The value allocated to the user within the cookie can include the difference in the privileges and accessibility rights accorded to an authenticated administrative user apposed to a standard user such as within a banking application. The value indicates the access rights, based on the stateful sessions. Staying within the realm of banking applications; it is important that the privileges accorded to the user do not become corrupted. It is equally important that the privileges of two standard users’ do not cross. In either situation, corruption of the relevant privileges could inevitably result in financial loss to both the bank and the end users.

It is equally important to remember that any service with an authentication system is by definition trying to keep some sort of information secure. Any application with user data or information will generally use cookies to identify users after they have authenticated. Once the application has identified and verified the user, the session token issued in the cookie is often the ONLY information that separates one authenticated user from another, or from a malicious hacker.

Once their ID and authentication credentials have been entered, whether by email, password, or a full multi-factor strong authentication system, the cookie generated must be protected if the user is to be protected.

Cookie Monsters, Nom Nom

Now is when we should switch our thinking to that of someone out to cause trouble! That cookie is all that stands between you and access to your targets services and data.

There are a handful of ways the token can be compromised by an attacker; essentially they can either steal the cookie after the user has authenticated, or force the user to use a token they are already aware of.  The latter involves implementation issues that are outside the scope of this article, but watch this space.

The former, stealing the user’s cookie, involves either snooping on their session to grab it ‘on the wire’, or tricking the user, their browser or the application into handing the cookie over.

By far the most common way to gain access to a session cookie is via a cross site scripting (XSS) vulnerability.

In the example below the cookie is displayed on screen, in reality it could be pushed  to a remote site by an embedded script and then utilised by a malicious user, as seen in the Apache.org XSS Compromise in 2010 [1].

http://vulnerable.corsaire.com/vuln/here.php?vuln_parameter=3″><script>alert(document.cookie)</script&gt;

A session token obtained in this manner could be used to impersonate the user from whom it was stolen. If there are no further security measures in place the token can be used to access the active session, gaining full access to the user functionality.

Another way cookies may be exposed is by an attacker sitting in a strategic location on the network and snooping on network traffic to grab the all important tokens.  This has commonly occurred in shared network environments providing free WiFi access, like the ubiquitous coffee shops and fast food joints we often work in during lunch.  The attacker sits on those networks (or sets up their own fake equivalent), monitoring the network activity and poaching the valuable sessions.  This has played no small part in the massive migration of online services from unencrypted HTTP to SSL wrapped HTTPS sites to try and stem the flow of drive-by account hijacks.

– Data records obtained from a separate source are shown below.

-- ===== src/Revision/Interface.antt =====
-- Source/CBL_Revision.h: the sequence of a revision and the methods of `CBL_RevisionList` as records, and
-- Source/CBL_Revision.m as their implementation. `none` is nil, an index out of range or a failed
-- assertion. `removeRevIdenticalTo:`, `sortByDocID` and the enumeration are left out. Sequences are
-- less than 2 ^ 63.
use couchbase_lite_ios.Base.{
  ℕ, Bool, Option, none, some, List, [], ◌∷◌, length, get_elem?, flip, Ordering,
}
use couchbase_lite_ios.Base.Int.{sub_ℕ}
use couchbase_lite_ios.Base.Bytes.{Bytes}
use couchbase_lite_ios.RevId.{TreeRevId, sgn}
use couchbase_lite_ios.Revision.{
  Revision, RevisionList, known_sequence, set_sequence, forget_sequence, revision_generation,
  rev_with_doc_id, rev_with_ids, add_rev, remove_rev, remove_and_return_rev, remove_object_at_index,
  limit,
}
use couchbase_lite_ios.Storage.Changes.{all_rev_ids, sort_by_sequence}

pub record Sequenced (Rev : Type 0) : Type 0 where
  pub sequence : Rev → Option ℕ
  pub set_sequence : ℕ → Rev → Option Rev
  pub sequence_if_known : Rev → ℕ
  pub forget_sequence : Rev → Rev
  pub compare_sequences : Rev → Rev → Ordering
  pub compare_sequences_descending : Rev → Rev → Ordering
  pub generation : Rev → ℕ

-- The methods that read a list.
pub record ListReading (Revs Rev : Type 0) : Type 0 where
  pub init : Revs
  pub init_with_array : List Rev → Revs
  pub count : Revs → ℕ
  pub rev_with_doc_id : Option Bytes → Revs → Option Rev
  pub rev_with_ids : Option Bytes → Option TreeRevId → Revs → Option Rev
  pub all_revisions : Revs → List Rev
  pub all_doc_ids : Revs → List Bytes
  pub all_rev_ids : Revs → List TreeRevId
  pub object_at_index : ℕ → Revs → Option Rev

-- The methods that change a list.
pub record ListChanging (Revs Rev : Type 0) : Type 0 where
  pub add_rev : Rev → Revs → Revs
  pub remove_rev : Rev → Revs → Revs
  pub remove_and_return_rev : Rev → Revs → Option Rev × Revs
  pub remove_object_at_index : ℕ → Revs → Revs
  pub limit : ℕ → Revs → Revs
  pub sort_by_sequence : Bool → Revs → Revs

-- `CBLSequenceCompare`
unfoldable pub sequence_compare : ℕ → ℕ → Ordering
sequence_compare a b = sgn (sub_ℕ a b)

unfoldable pub all_doc_ids : RevisionList Bytes → List Bytes
all_doc_ids [] = []
all_doc_ids (rev ∷ revs) =
    let rest = all_doc_ids revs in elim rev.doc_id [ none ↦ rest | some id ↦ id ∷ rest ]

unfoldable pub sequenced : Sequenced (Revision Bytes)
unfolding sequence_compare
sequenced = record {
  sequence = known_sequence Bytes;
  set_sequence = set_sequence Bytes;
  sequence_if_known = λ rev. rev.sequence;
  forget_sequence = forget_sequence Bytes;
  compare_sequences = λ r s. sequence_compare r.sequence s.sequence;
  compare_sequences_descending = λ r s. flip (sequence_compare r.sequence s.sequence);
  generation = revision_generation Bytes;
}

unfoldable pub list_reading : ListReading (RevisionList Bytes) (Revision Bytes)
unfolding all_doc_ids
list_reading = record {
  init = [];
  init_with_array = λ revs. revs;
  count = λ revs. length revs;
  rev_with_doc_id = rev_with_doc_id Bytes;
  rev_with_ids = rev_with_ids Bytes;
  all_revisions = λ revs. revs;
  all_doc_ids = all_doc_ids;
  all_rev_ids = all_rev_ids;
  object_at_index = λ i revs. get_elem? revs i;
}

unfoldable pub list_changing : ListChanging (RevisionList Bytes) (Revision Bytes)
list_changing = record {
  add_rev = add_rev Bytes;
  remove_rev = remove_rev Bytes;
  remove_and_return_rev = remove_and_return_rev Bytes;
  remove_object_at_index = remove_object_at_index Bytes;
  limit = limit Bytes;
  sort_by_sequence = sort_by_sequence;
}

Defending the Cookie Jar – Set – Cookie Directives

Issues with cookie management usually arise with the directives; the problems aren’t new and the smart folk that devise the standards that underpin online communications try to provide extra mechanisms to defend ourselves.  Two possible directives can be employed to prevent aforementioned cross site scripting and similar attacks; the ‘Secure’ directive and the ‘HttpOnly’ directive.

The former ‘Secure’ directive directs the browser to send the cookies ‘securely’.  Sadly this is a rather informal definition, but in most cases it prevents cookies being sent over unencrypted channels. The development of the application should hopefully have followed some basic security standards; ideally access to a login process and protected (authenticated) pages, if not, the entire application should be stipulated to occur over HTTPS. There is no reason to send a cookie over unencrypted HTTP that could contain sensitive information, which would then be susceptible to network sniffing attacks.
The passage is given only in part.